[Stored records]
■ ■ ■
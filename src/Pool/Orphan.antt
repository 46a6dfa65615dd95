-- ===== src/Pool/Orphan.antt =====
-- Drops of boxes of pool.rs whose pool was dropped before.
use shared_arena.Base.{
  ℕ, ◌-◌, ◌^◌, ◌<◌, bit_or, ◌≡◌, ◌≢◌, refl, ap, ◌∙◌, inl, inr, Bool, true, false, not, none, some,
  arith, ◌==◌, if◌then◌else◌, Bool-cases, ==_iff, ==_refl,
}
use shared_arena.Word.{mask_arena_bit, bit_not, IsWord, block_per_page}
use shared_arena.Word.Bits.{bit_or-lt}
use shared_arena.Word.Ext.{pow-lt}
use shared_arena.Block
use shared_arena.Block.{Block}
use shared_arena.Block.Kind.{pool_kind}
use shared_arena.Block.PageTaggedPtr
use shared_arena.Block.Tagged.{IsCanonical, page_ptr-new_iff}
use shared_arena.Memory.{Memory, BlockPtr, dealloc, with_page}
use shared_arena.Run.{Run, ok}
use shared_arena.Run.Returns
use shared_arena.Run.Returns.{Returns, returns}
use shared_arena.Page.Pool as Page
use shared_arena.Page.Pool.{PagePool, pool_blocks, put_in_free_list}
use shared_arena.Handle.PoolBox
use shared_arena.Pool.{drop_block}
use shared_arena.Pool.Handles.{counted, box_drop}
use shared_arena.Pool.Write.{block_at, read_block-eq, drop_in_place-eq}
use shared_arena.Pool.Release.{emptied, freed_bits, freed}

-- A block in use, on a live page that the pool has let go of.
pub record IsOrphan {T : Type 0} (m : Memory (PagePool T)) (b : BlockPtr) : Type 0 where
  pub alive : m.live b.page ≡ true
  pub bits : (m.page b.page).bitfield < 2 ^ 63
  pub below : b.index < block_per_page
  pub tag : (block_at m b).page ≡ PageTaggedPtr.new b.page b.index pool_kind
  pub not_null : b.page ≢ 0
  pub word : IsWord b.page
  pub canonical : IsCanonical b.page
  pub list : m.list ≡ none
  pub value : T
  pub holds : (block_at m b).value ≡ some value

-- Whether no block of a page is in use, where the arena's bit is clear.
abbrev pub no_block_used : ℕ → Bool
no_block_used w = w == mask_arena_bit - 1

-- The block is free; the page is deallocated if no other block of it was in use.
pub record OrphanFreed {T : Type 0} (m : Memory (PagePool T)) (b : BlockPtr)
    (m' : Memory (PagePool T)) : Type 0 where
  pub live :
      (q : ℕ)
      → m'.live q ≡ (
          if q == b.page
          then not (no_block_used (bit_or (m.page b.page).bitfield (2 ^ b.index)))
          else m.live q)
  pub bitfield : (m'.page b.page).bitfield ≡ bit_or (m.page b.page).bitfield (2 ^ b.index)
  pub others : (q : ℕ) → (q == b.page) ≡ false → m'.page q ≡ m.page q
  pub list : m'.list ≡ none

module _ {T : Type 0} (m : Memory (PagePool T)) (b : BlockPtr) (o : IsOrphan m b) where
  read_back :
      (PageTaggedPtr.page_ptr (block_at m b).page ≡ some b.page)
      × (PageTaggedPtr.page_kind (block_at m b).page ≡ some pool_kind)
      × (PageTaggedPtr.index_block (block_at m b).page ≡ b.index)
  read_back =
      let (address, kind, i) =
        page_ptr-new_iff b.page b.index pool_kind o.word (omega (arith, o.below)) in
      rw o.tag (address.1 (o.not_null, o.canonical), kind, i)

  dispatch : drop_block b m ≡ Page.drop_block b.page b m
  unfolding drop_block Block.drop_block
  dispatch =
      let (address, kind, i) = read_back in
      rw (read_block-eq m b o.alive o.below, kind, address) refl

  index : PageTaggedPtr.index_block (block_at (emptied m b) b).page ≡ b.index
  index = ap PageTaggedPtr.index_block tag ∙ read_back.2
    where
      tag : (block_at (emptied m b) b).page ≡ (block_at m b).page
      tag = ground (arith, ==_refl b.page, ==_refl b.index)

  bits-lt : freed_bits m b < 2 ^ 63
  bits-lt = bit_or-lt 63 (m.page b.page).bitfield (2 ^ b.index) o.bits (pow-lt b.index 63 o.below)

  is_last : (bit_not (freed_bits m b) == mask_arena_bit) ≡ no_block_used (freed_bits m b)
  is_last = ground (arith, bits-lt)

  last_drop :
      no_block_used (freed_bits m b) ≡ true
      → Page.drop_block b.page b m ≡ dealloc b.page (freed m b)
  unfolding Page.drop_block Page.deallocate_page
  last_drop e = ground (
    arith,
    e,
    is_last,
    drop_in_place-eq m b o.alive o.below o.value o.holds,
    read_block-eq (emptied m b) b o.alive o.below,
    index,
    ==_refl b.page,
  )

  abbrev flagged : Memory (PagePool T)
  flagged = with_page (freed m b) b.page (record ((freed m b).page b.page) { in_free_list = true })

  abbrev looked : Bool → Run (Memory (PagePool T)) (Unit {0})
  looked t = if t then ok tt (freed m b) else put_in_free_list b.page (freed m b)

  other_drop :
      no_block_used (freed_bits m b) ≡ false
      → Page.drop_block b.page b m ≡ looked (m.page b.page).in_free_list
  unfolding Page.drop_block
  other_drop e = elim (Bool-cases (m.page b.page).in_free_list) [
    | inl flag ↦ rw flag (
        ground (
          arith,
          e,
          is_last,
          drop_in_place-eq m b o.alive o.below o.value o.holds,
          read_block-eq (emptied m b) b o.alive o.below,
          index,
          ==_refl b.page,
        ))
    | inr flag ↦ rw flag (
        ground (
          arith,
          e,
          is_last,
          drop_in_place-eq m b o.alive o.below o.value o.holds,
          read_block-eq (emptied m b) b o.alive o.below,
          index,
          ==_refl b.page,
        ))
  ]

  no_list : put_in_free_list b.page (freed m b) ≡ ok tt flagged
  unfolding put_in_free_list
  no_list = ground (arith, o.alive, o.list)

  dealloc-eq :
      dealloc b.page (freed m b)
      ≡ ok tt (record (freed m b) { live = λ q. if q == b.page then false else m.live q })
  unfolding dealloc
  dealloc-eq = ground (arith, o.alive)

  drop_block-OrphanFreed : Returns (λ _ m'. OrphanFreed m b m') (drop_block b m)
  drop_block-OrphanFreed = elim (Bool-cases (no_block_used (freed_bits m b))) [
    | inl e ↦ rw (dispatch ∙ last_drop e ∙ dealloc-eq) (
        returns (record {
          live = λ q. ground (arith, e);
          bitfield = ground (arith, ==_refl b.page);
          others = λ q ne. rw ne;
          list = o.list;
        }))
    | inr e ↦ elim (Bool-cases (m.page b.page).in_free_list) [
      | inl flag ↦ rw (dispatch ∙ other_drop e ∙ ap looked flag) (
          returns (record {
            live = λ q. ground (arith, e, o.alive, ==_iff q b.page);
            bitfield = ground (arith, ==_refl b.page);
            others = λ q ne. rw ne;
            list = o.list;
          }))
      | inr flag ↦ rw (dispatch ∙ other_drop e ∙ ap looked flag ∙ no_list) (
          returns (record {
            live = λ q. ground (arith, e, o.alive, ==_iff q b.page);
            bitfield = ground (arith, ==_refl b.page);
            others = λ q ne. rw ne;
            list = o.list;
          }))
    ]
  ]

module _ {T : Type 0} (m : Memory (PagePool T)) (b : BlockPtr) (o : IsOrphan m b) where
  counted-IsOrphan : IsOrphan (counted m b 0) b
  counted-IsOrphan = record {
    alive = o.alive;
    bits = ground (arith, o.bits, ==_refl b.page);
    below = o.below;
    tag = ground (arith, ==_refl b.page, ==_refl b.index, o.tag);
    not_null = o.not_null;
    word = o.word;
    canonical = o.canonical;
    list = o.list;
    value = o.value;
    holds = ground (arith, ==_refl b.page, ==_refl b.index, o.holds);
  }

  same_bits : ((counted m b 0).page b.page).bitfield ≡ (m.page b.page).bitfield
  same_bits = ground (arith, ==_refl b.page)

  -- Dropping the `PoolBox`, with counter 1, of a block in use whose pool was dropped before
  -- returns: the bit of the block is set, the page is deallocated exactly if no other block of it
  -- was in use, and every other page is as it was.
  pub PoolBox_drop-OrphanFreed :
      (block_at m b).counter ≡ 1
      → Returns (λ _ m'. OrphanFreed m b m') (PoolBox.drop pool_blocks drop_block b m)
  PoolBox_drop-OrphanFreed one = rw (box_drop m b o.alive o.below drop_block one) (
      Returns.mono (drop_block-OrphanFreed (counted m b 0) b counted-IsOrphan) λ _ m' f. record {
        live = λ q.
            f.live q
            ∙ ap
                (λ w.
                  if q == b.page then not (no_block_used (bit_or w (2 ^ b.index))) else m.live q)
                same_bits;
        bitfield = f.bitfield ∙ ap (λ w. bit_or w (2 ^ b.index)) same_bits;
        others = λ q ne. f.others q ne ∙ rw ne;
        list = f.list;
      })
■ ■ ■
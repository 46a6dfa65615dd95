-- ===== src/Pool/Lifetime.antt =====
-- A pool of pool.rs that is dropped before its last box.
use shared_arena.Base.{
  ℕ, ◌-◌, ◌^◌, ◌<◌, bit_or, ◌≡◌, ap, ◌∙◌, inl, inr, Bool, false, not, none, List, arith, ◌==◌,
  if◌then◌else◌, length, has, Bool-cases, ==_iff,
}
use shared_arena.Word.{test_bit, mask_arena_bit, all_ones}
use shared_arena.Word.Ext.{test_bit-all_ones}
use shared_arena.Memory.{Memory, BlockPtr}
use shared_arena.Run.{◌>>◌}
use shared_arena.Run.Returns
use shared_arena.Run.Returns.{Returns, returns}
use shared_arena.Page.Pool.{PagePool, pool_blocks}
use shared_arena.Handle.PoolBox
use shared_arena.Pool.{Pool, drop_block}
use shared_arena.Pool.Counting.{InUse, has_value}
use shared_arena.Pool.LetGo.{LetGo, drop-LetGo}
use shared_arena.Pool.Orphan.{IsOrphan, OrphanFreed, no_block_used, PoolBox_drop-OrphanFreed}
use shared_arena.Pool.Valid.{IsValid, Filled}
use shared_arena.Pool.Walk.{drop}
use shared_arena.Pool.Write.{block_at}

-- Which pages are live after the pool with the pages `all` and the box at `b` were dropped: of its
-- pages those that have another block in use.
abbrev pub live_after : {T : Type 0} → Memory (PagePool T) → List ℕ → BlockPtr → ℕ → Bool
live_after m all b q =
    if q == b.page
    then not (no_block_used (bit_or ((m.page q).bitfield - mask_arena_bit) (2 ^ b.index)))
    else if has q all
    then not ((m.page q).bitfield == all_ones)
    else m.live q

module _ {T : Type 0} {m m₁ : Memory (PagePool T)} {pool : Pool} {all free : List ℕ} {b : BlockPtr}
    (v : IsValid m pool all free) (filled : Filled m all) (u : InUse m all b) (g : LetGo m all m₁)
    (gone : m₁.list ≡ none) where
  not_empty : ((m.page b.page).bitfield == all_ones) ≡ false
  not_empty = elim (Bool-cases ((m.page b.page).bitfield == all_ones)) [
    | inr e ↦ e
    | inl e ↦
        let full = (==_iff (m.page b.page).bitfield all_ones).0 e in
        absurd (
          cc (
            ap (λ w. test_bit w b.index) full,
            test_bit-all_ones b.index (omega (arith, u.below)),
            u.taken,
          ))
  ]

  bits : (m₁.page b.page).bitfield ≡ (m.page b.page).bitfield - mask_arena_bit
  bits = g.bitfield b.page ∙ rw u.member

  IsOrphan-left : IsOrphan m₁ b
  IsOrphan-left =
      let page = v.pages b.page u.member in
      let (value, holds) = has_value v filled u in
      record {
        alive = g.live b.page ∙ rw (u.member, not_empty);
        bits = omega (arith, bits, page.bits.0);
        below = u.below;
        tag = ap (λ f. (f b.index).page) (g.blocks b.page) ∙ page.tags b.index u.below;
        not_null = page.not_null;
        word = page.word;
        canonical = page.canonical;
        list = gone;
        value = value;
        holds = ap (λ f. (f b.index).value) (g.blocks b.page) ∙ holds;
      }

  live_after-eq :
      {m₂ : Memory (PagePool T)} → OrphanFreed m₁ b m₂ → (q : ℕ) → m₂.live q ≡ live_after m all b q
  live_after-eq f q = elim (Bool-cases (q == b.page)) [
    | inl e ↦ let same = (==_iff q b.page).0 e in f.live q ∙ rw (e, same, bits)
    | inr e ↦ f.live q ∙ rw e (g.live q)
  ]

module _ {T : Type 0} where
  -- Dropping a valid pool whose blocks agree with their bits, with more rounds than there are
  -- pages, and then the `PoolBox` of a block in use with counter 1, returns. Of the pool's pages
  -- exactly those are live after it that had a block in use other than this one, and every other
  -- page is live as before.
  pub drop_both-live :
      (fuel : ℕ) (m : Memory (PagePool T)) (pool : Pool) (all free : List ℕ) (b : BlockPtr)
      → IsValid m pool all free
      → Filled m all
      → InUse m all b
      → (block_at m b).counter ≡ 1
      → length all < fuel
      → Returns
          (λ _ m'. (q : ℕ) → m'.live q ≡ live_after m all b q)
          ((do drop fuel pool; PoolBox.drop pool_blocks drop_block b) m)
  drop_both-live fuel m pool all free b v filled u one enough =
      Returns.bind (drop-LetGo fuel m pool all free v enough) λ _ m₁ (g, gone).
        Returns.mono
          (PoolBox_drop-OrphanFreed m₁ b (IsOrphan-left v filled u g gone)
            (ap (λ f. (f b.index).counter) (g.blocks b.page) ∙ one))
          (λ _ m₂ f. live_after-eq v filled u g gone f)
■ ■ ■
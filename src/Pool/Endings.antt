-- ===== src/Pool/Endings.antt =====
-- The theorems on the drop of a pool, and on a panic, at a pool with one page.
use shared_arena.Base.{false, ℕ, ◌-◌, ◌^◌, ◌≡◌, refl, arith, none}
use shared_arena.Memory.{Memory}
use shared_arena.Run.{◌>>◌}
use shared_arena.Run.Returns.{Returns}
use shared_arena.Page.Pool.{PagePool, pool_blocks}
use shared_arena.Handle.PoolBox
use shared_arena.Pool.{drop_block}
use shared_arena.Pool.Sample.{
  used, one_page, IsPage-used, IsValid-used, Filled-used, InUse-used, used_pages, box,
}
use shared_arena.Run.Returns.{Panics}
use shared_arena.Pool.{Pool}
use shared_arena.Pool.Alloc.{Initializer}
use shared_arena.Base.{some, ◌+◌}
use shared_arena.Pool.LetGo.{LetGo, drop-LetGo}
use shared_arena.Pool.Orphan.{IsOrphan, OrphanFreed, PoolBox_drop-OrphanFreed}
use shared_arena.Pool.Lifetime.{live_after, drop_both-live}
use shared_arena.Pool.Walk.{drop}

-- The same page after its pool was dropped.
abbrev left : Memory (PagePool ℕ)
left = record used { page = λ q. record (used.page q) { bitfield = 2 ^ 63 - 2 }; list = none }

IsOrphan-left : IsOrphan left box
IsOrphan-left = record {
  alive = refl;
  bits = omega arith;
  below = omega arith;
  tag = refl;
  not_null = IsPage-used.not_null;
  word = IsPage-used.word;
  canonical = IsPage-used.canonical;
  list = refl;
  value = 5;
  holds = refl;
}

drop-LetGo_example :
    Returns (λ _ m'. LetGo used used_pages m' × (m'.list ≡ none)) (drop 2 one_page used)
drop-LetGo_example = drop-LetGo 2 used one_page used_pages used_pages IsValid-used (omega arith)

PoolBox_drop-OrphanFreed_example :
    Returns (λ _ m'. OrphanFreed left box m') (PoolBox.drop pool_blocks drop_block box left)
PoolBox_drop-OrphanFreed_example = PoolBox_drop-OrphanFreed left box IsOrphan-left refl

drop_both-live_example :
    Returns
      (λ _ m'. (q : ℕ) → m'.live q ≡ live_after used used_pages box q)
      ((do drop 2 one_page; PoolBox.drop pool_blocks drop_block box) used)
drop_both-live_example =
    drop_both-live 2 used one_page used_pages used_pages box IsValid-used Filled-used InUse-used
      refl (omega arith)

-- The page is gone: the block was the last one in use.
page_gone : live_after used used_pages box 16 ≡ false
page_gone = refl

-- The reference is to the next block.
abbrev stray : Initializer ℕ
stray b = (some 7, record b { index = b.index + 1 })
■ ■ ■
:: What you need to do ::
Would you copy all lines in the records where the string "stray" appears?

:: Result for this task ::
abbrev stray : Initializer ℕ
stray b = (some 7, record b { index = b.index + 1 })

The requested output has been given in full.